WHAT YOU NEED TO DO → How many lines in the entries below contain "length"? Answer with the number only.
▬▬▬
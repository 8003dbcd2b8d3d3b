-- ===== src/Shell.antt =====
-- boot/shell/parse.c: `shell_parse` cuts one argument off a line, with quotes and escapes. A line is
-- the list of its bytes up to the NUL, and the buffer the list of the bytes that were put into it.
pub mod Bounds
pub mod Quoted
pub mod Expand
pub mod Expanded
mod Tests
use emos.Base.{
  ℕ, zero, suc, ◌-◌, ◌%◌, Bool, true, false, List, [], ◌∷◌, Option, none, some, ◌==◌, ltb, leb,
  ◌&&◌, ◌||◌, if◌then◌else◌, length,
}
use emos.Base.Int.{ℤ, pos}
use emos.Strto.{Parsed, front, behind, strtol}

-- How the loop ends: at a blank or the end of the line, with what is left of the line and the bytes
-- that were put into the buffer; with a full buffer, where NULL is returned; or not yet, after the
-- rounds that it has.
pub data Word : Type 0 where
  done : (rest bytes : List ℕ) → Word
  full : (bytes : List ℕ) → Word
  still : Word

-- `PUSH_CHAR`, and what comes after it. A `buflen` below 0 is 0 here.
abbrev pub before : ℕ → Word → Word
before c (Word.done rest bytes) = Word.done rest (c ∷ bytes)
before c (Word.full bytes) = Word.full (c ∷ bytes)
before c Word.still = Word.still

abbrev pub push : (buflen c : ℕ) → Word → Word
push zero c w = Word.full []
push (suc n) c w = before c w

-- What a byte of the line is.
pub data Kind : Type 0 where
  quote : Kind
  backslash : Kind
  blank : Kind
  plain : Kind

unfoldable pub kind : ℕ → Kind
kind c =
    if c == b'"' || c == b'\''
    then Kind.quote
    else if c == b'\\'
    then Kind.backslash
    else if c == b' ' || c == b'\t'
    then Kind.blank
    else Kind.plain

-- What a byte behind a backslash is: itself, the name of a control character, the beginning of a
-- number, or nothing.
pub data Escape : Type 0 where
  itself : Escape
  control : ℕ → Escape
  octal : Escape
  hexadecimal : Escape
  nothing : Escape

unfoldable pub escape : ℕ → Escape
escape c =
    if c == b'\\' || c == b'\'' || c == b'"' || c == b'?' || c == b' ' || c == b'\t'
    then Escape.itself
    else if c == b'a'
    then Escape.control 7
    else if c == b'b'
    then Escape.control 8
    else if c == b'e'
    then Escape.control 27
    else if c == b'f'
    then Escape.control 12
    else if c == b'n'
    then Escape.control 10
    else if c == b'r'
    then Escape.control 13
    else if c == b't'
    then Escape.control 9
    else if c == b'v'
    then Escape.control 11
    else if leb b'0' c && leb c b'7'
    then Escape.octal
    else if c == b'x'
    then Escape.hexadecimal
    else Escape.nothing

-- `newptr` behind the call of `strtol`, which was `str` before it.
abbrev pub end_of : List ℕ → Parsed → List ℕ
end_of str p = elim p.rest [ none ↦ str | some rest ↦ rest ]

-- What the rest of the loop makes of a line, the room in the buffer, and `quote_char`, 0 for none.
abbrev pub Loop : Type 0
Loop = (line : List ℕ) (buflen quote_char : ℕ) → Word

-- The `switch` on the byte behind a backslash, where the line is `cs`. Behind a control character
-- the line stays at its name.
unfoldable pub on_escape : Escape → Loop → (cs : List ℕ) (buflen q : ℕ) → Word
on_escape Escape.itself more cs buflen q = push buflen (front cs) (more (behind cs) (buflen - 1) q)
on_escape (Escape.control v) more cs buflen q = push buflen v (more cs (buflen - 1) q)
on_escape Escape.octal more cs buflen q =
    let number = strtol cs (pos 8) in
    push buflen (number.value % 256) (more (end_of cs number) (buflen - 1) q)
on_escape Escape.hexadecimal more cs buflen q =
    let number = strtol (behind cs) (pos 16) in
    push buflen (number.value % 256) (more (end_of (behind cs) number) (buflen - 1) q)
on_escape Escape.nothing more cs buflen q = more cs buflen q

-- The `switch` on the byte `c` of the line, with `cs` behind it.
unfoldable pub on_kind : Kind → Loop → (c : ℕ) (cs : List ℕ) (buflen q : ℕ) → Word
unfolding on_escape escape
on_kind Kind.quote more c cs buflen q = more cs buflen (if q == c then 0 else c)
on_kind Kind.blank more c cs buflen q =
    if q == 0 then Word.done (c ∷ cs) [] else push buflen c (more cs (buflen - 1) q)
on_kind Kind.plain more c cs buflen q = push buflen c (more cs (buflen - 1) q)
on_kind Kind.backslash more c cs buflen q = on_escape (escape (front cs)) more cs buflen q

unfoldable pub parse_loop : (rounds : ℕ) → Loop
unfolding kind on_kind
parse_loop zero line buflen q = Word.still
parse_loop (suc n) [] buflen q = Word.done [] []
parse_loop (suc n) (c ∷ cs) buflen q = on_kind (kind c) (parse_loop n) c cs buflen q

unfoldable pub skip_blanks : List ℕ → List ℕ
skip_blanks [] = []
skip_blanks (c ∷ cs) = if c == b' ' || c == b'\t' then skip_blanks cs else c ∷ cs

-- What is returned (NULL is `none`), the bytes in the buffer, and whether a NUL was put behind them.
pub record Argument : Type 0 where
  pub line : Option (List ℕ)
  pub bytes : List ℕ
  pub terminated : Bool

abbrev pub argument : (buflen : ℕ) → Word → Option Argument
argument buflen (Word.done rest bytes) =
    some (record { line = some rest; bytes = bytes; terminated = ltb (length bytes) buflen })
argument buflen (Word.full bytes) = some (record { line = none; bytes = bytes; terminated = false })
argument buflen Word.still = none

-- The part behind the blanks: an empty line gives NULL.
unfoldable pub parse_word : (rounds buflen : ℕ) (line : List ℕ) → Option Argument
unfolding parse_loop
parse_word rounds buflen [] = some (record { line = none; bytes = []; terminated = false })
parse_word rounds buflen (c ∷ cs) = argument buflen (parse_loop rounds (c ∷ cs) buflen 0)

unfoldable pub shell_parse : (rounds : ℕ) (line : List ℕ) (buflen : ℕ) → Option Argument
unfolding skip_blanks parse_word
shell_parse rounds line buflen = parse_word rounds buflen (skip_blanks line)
▬▬▬
RESPONSE AREA → 2